▶ **Assignment**:
Note every line in the entries that contains the string "carries", and copy it.

Collected data
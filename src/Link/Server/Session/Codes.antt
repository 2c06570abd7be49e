-- ===== src/Link/Server/Session/Codes.antt =====
-- Which connect code a refused command gets.
use rook_host.Base.{◌≡◌, ◌⊎◌, inl, inr, refl, some, true, false, arith, Option-cases, Bool-cases}
use rook_host.Base.Bytes.{Bytes, is_empty, has_prefix, trim_prefix}
use rook_host.Base.Time.{Time, before}
use rook_host.Base.Result.{err, Result-cases}
use rook_host.Projection.Command.{ProjectionError, valid_command}
use rook_host.Registry.{allowed}
use rook_host.Registry.Book.{cap_agent_command}
use rook_host.Registry.Storage.{JsonCodec, RegistryError}
use rook_host.Base.Disk.{Fault}
use rook_host.Link.Convert.Enums.{kind_from_proto}
use rook_host.Link.Errors.{LinkError, code_of, unauthenticated, permission_denied, invalid_argument}
use rook_host.Link.Tokens.{Session, resolve}
use rook_host.Link.Server.{Server, Host}
use rook_host.Link.Server.Session.{authorize, bearer_prefix, submit_command, CommandRequest}
use rook_host.Link.Server.Session.Effects.{IsSanctioned, authorize_sound}

-- The header carries a token that is known and live, of a device with this id.
abbrev pub HasToken : Server → Bytes → Time → Bytes → Type 0
HasToken s bearer now id =
    (has_prefix bearer bearer_prefix ≡ true)
    × ((session : Session) × (s.tokens (trim_prefix bearer bearer_prefix) ≡ some session)
        × (before now session.expires ≡ true)
        × (session.device_id ≡ id))
    × (is_empty id ≡ false)

-- A refusal by authorize.
abbrev pub IsTurnedAway : Server → Bytes → Bytes → Time → LinkError → Type 0
IsTurnedAway s bearer capability now e =
    ((code_of e ≡ unauthenticated) × ¬ ((id : Bytes) × HasToken s bearer now id))
    ⊎ ((code_of e ≡ permission_denied)
        × (id : Bytes) × HasToken s bearer now id
        × (x : RegistryError) × (allowed s.reg id capability ≡ err x))

pub authorize_refused :
    (s : Server) (bearer capability : Bytes) (now : Time) (e : LinkError)
    → (authorize s bearer capability now).0 ≡ err e
    → IsTurnedAway s bearer capability now e
unfolding authorize resolve code_of
authorize_refused s bearer capability now e h =
    elim (Bool-cases (has_prefix bearer bearer_prefix)) [
      | inr p ↦ inl (ground arith, λ (id, (q, t, n)). ground arith)
      | inl p ↦ elim (Option-cases (s.tokens (trim_prefix bearer bearer_prefix))) [
        | inl t ↦ inl (ground arith, λ (id, (q, (session, u, l, i), n)). ground arith)
        | inr (session, t) ↦ elim (Bool-cases (before now session.expires)) [
          | inr x ↦ inl (ground arith, λ (id, (q, (session', u, l, i), n)). ground arith)
          | inl x ↦ elim (Bool-cases (is_empty session.device_id)) [
            | inl y ↦ inl (ground arith, λ (id, (q, (session', u, l, i), n)). ground arith)
            | inr y ↦ elim (Result-cases (allowed s.reg session.device_id capability)) [
              | inl (f, z) ↦
                  inr (ground arith, session.device_id, (p, (session, t, x, refl), y), f, z)
              | inr (u, z) ↦ absurd (ground arith)
            ]
          ]
        ]
      ]
    ]

module _ (json : JsonCodec) (host : Host) (s : Server) (bearer : Bytes)
    (now validated_at touched_at : Time) (fault : Fault) where
  -- Every error of SubmitCommand has one of three codes, with its reason: unauthenticated, and the
  -- header carries no live token of any device; permission denied, and it carries one of a device
  -- that the registry refuses the capability; invalid argument, and the header was accepted but
  -- the validation refused the command.
  pub submit_command-codes :
      (m : CommandRequest) (e : LinkError)
      → (submit_command json host s bearer m now validated_at touched_at fault).0 ≡ err e
      → IsTurnedAway s bearer cap_agent_command now e
        ⊎ ((code_of e ≡ invalid_argument)
            × ((id : Bytes) × IsSanctioned s bearer cap_agent_command now id)
            × (x : ProjectionError) × (valid_command
                  (kind_from_proto m.kind)
                  m.session_id
                  m.workspace
                  m.prompt
                  validated_at
                ≡ err x))
  unfolding submit_command code_of
  submit_command-codes m e h = elim (Result-cases (authorize s bearer cap_agent_command now).0) [
    | inl (x, a) ↦
        let same : x ≡ e = ground arith in
        inl (authorize_refused s bearer cap_agent_command now e (rw (← same) a))
    | inr (id, a) ↦
        elim (Result-cases
          (valid_command (kind_from_proto m.kind) m.session_id m.workspace m.prompt validated_at)) [
            | inl (x, v) ↦
                inr (ground arith, (id, authorize_sound s bearer cap_agent_command now id a), x, v)
            | inr (c, v) ↦ absurd (ground arith)
          ]
  ]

▶ **Reply to the exercise**:
-- The header carries a token that is known and live, of a device with this id.
  -- header carries no live token of any device; permission denied, and it carries one of a device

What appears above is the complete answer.